Task instructions:
The answer is every line in the data below that contains the word "record".

[Entries taken from a collection]
==================================================

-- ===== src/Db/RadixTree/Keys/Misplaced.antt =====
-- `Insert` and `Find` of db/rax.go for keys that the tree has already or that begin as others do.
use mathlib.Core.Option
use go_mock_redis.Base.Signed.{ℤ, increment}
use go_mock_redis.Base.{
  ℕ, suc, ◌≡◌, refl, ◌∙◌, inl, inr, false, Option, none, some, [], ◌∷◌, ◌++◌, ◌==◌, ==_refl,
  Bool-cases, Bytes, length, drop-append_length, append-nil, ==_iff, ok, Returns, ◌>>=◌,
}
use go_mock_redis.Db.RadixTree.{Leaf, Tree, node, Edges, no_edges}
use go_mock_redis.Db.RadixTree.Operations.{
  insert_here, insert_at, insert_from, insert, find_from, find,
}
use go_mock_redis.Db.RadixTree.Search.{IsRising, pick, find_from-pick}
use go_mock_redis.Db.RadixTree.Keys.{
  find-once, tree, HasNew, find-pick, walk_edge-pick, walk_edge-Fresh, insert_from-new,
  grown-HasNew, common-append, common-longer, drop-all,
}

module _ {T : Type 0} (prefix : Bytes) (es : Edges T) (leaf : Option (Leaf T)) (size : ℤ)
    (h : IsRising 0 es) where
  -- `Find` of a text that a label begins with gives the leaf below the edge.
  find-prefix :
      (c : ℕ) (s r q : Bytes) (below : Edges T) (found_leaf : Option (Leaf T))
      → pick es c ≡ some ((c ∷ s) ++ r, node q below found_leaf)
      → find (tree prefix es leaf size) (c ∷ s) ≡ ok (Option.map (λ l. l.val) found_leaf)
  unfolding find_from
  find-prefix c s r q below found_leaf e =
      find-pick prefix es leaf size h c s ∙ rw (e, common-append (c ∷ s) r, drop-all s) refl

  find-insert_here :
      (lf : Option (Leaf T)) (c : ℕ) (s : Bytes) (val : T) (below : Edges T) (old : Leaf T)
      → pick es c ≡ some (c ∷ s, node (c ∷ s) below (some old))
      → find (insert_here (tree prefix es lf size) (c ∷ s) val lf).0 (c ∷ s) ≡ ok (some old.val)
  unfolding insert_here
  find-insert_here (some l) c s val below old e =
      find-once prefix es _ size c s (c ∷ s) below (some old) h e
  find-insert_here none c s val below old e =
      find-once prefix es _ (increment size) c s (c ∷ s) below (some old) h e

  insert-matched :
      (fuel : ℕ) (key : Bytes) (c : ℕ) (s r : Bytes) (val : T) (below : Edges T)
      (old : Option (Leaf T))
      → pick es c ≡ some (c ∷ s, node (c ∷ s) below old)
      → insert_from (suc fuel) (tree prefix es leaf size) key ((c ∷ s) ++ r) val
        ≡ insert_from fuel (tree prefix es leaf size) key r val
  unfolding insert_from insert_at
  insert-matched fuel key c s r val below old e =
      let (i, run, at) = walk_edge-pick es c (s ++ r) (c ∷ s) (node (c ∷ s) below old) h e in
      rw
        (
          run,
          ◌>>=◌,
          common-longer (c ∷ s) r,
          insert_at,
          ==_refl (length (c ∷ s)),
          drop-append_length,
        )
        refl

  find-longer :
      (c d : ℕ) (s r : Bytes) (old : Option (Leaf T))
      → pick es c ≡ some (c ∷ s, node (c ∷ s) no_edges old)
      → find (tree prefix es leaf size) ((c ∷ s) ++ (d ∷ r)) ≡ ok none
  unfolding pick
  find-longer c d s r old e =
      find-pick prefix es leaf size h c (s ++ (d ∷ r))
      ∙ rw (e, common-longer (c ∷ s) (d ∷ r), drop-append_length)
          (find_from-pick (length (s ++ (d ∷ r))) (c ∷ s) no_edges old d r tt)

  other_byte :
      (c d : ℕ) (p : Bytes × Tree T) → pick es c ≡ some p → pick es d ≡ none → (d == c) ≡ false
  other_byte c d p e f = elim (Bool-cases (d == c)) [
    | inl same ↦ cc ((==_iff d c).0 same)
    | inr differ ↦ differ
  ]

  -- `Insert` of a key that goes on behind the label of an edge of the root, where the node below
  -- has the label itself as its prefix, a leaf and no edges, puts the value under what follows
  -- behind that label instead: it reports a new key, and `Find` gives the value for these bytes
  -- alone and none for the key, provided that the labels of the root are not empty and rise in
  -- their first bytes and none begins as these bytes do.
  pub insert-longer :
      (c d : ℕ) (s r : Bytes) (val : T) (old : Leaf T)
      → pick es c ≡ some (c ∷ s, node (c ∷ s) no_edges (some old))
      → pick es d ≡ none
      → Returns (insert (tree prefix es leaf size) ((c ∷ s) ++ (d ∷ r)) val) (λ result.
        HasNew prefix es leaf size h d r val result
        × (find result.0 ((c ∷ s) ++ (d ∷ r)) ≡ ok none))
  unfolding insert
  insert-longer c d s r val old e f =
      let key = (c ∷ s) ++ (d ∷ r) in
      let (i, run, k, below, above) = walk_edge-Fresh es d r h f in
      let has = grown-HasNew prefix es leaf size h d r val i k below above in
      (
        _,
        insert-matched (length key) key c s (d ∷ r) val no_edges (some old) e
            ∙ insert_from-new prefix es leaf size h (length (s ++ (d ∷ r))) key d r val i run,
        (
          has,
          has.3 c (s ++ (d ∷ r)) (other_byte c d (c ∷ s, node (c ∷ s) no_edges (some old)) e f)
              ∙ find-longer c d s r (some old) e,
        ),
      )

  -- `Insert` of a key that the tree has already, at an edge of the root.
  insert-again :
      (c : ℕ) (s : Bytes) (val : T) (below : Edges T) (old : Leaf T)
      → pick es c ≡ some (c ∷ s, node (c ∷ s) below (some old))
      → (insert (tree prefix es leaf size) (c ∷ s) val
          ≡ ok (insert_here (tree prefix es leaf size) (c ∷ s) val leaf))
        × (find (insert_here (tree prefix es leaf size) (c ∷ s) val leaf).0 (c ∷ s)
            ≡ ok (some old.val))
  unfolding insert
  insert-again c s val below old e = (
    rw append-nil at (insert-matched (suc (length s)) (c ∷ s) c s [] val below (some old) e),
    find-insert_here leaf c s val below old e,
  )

==================================================

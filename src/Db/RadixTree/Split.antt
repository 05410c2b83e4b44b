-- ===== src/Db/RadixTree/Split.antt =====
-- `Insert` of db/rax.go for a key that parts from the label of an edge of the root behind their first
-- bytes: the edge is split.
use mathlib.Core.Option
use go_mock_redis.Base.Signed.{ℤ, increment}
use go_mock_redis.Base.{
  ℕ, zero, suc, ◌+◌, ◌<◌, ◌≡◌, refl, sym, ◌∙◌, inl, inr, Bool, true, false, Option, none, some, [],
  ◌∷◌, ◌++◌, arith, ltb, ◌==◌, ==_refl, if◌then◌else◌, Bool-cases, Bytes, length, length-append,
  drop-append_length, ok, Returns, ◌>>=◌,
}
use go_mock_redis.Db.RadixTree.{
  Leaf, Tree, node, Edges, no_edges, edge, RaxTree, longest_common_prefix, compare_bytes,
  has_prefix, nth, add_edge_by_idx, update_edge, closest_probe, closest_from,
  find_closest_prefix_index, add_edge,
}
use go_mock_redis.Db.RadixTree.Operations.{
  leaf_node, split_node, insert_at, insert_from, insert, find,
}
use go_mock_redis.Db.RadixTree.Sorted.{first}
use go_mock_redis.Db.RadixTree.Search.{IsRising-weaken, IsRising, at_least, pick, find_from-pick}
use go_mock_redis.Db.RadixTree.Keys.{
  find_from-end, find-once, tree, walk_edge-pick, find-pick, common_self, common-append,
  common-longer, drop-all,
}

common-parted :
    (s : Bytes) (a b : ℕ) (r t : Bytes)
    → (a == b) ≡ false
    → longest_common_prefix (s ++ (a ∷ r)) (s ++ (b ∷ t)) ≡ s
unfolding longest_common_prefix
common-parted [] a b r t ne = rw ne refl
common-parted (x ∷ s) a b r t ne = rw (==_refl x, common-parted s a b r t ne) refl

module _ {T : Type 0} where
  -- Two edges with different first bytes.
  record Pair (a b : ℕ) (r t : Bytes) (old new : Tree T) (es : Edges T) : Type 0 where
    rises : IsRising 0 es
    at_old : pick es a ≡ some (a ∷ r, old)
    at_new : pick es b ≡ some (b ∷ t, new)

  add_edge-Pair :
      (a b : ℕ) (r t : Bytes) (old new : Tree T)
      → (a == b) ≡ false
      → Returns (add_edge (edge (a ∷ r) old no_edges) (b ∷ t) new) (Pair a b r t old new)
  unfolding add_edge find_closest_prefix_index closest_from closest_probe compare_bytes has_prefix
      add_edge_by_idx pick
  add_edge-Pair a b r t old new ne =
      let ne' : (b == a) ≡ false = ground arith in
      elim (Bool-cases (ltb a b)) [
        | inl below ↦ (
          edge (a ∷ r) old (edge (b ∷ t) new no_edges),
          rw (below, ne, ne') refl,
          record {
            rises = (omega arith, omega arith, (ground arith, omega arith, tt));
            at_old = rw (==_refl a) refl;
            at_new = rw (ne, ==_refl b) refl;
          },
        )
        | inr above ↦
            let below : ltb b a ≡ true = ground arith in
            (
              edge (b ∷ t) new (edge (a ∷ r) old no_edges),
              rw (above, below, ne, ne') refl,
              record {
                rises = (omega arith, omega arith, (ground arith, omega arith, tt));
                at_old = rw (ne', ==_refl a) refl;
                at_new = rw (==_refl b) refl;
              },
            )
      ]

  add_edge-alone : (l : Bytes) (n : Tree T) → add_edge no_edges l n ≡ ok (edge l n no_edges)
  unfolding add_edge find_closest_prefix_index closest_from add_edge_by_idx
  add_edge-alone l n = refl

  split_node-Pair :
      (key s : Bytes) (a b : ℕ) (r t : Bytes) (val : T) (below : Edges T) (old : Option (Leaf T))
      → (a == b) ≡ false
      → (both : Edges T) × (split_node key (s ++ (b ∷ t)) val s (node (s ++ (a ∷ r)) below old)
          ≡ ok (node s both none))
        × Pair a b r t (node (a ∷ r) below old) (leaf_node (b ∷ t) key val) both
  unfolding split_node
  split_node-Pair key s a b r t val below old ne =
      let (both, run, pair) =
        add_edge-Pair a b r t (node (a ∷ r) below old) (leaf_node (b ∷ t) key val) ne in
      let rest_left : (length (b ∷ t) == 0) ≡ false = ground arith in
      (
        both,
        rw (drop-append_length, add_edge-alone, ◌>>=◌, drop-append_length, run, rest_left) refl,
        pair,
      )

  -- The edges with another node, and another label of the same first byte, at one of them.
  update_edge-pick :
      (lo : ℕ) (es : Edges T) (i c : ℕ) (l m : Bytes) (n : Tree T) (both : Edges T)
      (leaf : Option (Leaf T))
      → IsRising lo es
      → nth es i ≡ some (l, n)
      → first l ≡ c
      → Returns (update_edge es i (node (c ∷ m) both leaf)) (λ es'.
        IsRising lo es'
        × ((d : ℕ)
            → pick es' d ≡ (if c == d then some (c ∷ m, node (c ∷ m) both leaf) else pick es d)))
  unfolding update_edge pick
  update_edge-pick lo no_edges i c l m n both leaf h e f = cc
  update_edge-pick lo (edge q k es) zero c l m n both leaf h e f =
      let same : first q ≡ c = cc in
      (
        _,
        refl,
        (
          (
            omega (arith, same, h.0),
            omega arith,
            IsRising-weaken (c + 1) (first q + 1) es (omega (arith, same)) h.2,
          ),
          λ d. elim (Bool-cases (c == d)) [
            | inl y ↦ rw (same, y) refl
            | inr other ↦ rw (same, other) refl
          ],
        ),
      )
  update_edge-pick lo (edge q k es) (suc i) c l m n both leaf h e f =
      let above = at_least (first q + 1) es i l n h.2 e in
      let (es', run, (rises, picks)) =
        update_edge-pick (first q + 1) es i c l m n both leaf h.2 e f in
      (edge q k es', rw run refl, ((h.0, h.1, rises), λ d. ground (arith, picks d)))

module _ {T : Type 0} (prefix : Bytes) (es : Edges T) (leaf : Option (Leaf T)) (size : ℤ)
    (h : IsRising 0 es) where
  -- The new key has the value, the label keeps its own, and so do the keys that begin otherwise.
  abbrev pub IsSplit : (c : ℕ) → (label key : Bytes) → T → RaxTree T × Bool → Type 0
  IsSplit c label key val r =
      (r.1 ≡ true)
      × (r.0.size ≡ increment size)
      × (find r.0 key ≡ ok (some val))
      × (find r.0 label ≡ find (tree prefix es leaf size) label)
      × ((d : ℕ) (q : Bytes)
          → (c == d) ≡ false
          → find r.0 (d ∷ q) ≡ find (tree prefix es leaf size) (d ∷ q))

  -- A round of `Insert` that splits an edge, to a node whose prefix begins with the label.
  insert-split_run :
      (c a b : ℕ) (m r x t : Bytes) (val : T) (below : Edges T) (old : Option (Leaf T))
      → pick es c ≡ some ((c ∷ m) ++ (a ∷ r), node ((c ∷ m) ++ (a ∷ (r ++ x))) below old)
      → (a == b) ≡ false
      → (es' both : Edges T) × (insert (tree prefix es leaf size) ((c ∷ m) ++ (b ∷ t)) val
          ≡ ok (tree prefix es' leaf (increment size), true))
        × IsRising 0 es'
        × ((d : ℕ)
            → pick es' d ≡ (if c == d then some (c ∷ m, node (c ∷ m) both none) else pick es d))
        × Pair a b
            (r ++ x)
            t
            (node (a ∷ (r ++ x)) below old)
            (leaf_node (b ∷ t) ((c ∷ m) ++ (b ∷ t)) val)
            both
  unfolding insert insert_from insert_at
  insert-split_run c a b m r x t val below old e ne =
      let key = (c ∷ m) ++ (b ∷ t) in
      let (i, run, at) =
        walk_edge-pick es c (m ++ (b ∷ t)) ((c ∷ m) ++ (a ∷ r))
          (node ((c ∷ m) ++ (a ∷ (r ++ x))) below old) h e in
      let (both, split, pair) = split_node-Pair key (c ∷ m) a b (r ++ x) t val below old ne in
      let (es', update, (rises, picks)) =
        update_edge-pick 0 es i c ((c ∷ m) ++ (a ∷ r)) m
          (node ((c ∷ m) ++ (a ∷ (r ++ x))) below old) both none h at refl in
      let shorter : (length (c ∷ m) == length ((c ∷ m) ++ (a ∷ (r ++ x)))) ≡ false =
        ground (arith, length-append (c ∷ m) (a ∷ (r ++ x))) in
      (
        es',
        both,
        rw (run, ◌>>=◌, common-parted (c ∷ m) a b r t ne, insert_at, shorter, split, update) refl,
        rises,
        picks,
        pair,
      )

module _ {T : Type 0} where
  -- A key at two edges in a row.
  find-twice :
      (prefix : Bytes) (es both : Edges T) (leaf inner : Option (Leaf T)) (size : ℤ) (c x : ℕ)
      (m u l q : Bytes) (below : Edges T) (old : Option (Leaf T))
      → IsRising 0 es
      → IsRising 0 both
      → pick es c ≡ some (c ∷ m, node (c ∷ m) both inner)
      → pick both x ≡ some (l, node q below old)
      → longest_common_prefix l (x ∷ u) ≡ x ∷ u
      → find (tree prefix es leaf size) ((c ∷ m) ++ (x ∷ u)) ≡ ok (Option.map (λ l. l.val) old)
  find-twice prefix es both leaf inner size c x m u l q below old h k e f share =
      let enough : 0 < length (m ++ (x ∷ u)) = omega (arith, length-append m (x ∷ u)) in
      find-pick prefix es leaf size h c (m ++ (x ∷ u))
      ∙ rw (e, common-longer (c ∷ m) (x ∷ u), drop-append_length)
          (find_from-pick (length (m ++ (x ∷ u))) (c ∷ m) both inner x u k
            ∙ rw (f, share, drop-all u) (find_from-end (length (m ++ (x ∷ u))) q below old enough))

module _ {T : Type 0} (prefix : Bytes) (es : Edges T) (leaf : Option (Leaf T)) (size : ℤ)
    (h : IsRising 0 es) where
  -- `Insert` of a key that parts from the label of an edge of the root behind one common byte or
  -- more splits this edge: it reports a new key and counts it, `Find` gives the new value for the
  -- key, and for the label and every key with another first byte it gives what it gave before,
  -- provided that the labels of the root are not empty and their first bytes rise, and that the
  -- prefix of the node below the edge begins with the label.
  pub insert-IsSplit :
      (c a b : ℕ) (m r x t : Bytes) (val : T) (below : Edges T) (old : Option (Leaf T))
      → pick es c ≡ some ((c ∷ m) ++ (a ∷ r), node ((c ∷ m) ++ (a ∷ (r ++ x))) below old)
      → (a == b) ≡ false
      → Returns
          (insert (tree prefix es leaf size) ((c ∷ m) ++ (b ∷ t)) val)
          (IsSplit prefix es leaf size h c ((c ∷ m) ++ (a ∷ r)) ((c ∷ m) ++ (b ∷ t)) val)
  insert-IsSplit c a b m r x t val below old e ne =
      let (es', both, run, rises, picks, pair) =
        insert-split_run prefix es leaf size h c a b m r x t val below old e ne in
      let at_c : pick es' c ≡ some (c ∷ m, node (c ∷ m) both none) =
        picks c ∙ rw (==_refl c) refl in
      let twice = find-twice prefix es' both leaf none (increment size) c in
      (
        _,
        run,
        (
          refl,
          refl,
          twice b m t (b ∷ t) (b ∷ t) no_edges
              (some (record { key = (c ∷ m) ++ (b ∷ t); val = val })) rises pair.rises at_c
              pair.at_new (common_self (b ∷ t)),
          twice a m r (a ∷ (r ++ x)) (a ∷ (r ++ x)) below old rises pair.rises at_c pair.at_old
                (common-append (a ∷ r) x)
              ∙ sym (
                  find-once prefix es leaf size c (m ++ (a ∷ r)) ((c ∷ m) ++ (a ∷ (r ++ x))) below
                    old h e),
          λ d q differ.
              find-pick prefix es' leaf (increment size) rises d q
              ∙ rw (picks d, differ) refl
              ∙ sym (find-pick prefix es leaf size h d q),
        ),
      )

==================================================

Solution to this task:
  record Pair (a b : ℕ) (r t : Bytes) (old new : Tree T) (es : Edges T) : Type 0 where
          record {
              record {
              (some (record { key = (c ∷ m) ++ (b ∷ t); val = val })) rises pair.rises at_c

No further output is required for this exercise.